Por simples tentativa e erro, ela aprendera algumas das regras de Tel’aran’rhiod. Mesmo aquele Mundo dos Sonhos, aquele Mundo Invisível, tinha suas regras, ainda que estranhas, e ela estava certa de que não conhecia nem um décimo delas. Também aprendera uma forma de ir aonde desejasse. Fechando os olhos, ela esvaziou a mente, como fazia para abraçar saidar, mas precisava preencher o vazio com algo diferente. Não era tão fácil, pois o botão de rosa insistia em se formar, e ela ficava sentindo a Fonte Verdadeira, desejando abraçá-la. Visualizou o Coração da Pedra, a mesma estrutura que vira em todos os outros sonhos, e o reproduziu com perfeição em todos os detalhes, dentro do vazio. As gigantescas colunas de pedra vermelha polida. As pedras do chão desgastadas pelo tempo. O domo muito acima de sua cabeça. A espada de cristal, intocável, girando lentamente no ar, o cabo para baixo. Quando a imagem parecia tão real que ela tinha a certeza de que poderia estender a mão e tocá-la, abriu os olhos e estava lá, no Coração da Pedra. Ou no Coração da Pedra que existia em Tel’aran’rhiod.

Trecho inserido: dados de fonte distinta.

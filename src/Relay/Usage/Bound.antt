-- ===== src/Relay/Usage/Bound.antt =====
-- How often a capability can be used.
use Prim.Native.Nat.{min}
use mathlib.Core.Path.{subst}
use lockrail.Prelude.{
  ℕ, ◌+◌, ◌-◌, ◌%◌, ◌≤◌, ◌<◌, ◌^◌, ◌≡◌, ap, sym, ◌∙◌, true, false, some, List, [], ◌∷◌, arith, All,
  err, Bool-cases, inl, inr,
}
use native.Mathlib.Decide.{dec_lt}
use lockrail.Vault.Error.{usage_limit_exceeded}
use lockrail.Prelude.Text.{Text, text_eq, text_eq_refl, text_eq_iff}
use lockrail.Prelude.Map.{get-insert}
use lockrail.Relay.Usage.{Store, current, is_ok, record_use, Call, granted, attempts}

-- Every call for the capability names the same limit, as the token's claims do.
abbrev pub Limited : Text → ℕ → List Call → Type 0
Limited k limit cs = All (λ c. c.capability_hash ≡ k → c.max_uses ≡ some limit) cs

-- A call for another capability leaves the count alone.
other_use :
    (s : Store) (c : Call) (k : Text)
    → text_eq c.capability_hash k ≡ false
    → current (record_use s c.capability_hash c.max_uses).1 k ≡ current s k
unfolding record_use
other_use s c k n =
    ground (arith, get-insert s c.capability_hash k ((current s c.capability_hash + 1) % 2 ^ 64))

-- A call for the capability itself is granted below the limit, and counts one.
own_use :
    (s : Store) (c : Call) (limit : ℕ)
    → c.max_uses ≡ some limit
    → limit < 2 ^ 64
    → current s c.capability_hash < limit
    → (is_ok (record_use s c.capability_hash c.max_uses).0 ≡ true)
      × (current (record_use s c.capability_hash c.max_uses).1 c.capability_hash
          ≡ current s c.capability_hash + 1)
unfolding record_use
own_use s c limit m f l =
    let n = current s c.capability_hash in
    let wraps : (n + 1) % 2 ^ 64 ≡ n + 1 = omega arith in
    let law = get-insert s c.capability_hash c.capability_hash ((n + 1) % 2 ^ 64) in
    let self = text_eq_refl c.capability_hash in ground arith

own_refused :
    (s : Store) (c : Call) (limit : ℕ)
    → c.max_uses ≡ some limit
    → limit ≤ current s c.capability_hash
    → record_use s c.capability_hash c.max_uses ≡ (err usage_limit_exceeded, s)
unfolding record_use
own_refused s c limit m l = ground arith

-- Of the calls for a capability, where each names one limit below 2^64 and the count so far is
-- within it, exactly as many are granted as the limit has left, or all if they are fewer,
-- whatever happens in between.
pub granted_lem :
    (k : Text) (s : Store) (cs : List Call) (limit : ℕ)
    → limit < 2 ^ 64
    → Limited k limit cs
    → current s k ≤ limit
    → granted k s cs ≡ min (attempts k cs) (limit - current s k)
unfolding granted attempts
granted_lem k s [] limit f h l = omega arith
granted_lem k s (c ∷ cs) limit f (m, h) l = elim (Bool-cases (text_eq c.capability_hash k)) [
  | inr n ↦
      let same = other_use s c k n in
      let ih =
        granted_lem k (record_use s c.capability_hash c.max_uses).1 cs limit f h (omega arith) in
      rw n (ground arith)
  | inl e ↦
      let own = (text_eq_iff c.capability_hash k).0 e in
      elim (dec_lt (current s c.capability_hash) limit) [
        | yes free ↦
            let (granted_one, count) = own_use s c limit (m own) f free in
            let at : current (record_use s c.capability_hash c.max_uses).1 k ≡ current s k + 1 =
              sym (ap (λ j. current (record_use s c.capability_hash c.max_uses).1 j) own)
              ∙ count
              ∙ ap (λ j. current s j + 1) own in
            let free' : current s k < limit = subst (λ j. current s j < limit) own free in
            let ih =
              granted_lem k (record_use s c.capability_hash c.max_uses).1 cs limit f h
                (omega arith) in
            rw (granted_one, e) (omega arith)
        | no full ↦
            let refused = own_refused s c limit (m own) (omega arith) in
            let full' : ¬ (current s k < limit) = subst (λ j. ¬ (current s j < limit)) own full in
            let ih = granted_lem k s cs limit f h l in rw (refused, e) (omega arith)
      ]
]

As colunas estavam lá, e Callandor. Ao redor da espada reluzente, quase tão turvas e imateriais quanto sombras, treze mulheres sentadas de pernas cruzadas observavam a espada girar. Liandrin, com os cabelos cor de mel, virou a cabeça, encarou Egwene com aqueles olhos grandes e escuros e abriu um sorriso com os lábios em forma de botão de rosa.

Ofegando, Egwene sentou-se na cama tão depressa que quase caiu para o lado.

— Qual é o problema? — inquiriu Elayne. — O que aconteceu? Você parece assustada.

— Você acabou de fechar os olhos — comentou Nynaeve, baixinho. — É a primeira vez, desde que começamos isso, que você volta sem que a gente precise acordá-la. Alguma coisa aconteceu, não foi? — Ela deu um puxão forte na trança. — Está tudo bem?

Como foi que eu voltei?, perguntou-se Egwene. Luz, não sei nem o que fiz. Ela sabia que estava apenas tentando adiar o que precisava dizer. Desamarrando o cordão em torno do pescoço, ela botou na palma da mão os dois anéis, o da Grande Serpente e o ter’angreal, que era maior e retorcido.

— Elas estão esperando por nós — explicou, por fim. Não era preciso explicitar quem. — E acho que sabem que estamos em Tear.

Do lado de fora, a tempestade desabava na cidade.

Com a chuva martelando no convés acima de sua cabeça, Mat encarava o tabuleiro de pedras na mesa entre ele e Thom, mas não conseguia se concentrar no jogo, embora tivessem apostado um marco de prata andoriano. Trovões ressoavam, e raios caíam do outro lado das pequenas janelas. Quatro lampiões iluminavam a cabine do capitão do Andorinha. Essa porcaria de navio pode até ser ágil que nem o pássaro, mas ainda está lento demais, maldição. A embarcação deu um leve solavanco, depois outro. O balanço pareceu mudar. Acho bom que ele não tenha nos enfiado em um desses malditos bancos de lama! Se aquele homem não estiver avançando o mais depressa possível com essa banheira lerda, vou enfiar aquele ouro pela goela dele! Ele soltou um bocejo — não dormia bem desde a partida de Caemlyn, estava preocupado demais para conseguir dormir direito — e depois outro. Então pôs uma pedra branca na interseção de duas linhas: com mais três jogadas, apanharia quase um quinto das pedras pretas de Thom.

— Você poderia ser um bom jogador, garoto — comentou o menestrel em voz baixa, com a boca no cachimbo, colocando a pedra seguinte —, se fizesse algum esforço. — O tabaco cheirava a folhas e nozes.

Mat pegou outra pedra da pilha em seu cotovelo, depois piscou os olhos e a posicionou. Nas mesmas três jogadas, as pedras de Thom teriam cercado mais de um terço das dele. Ele não previra o movimento, e estava sem saída.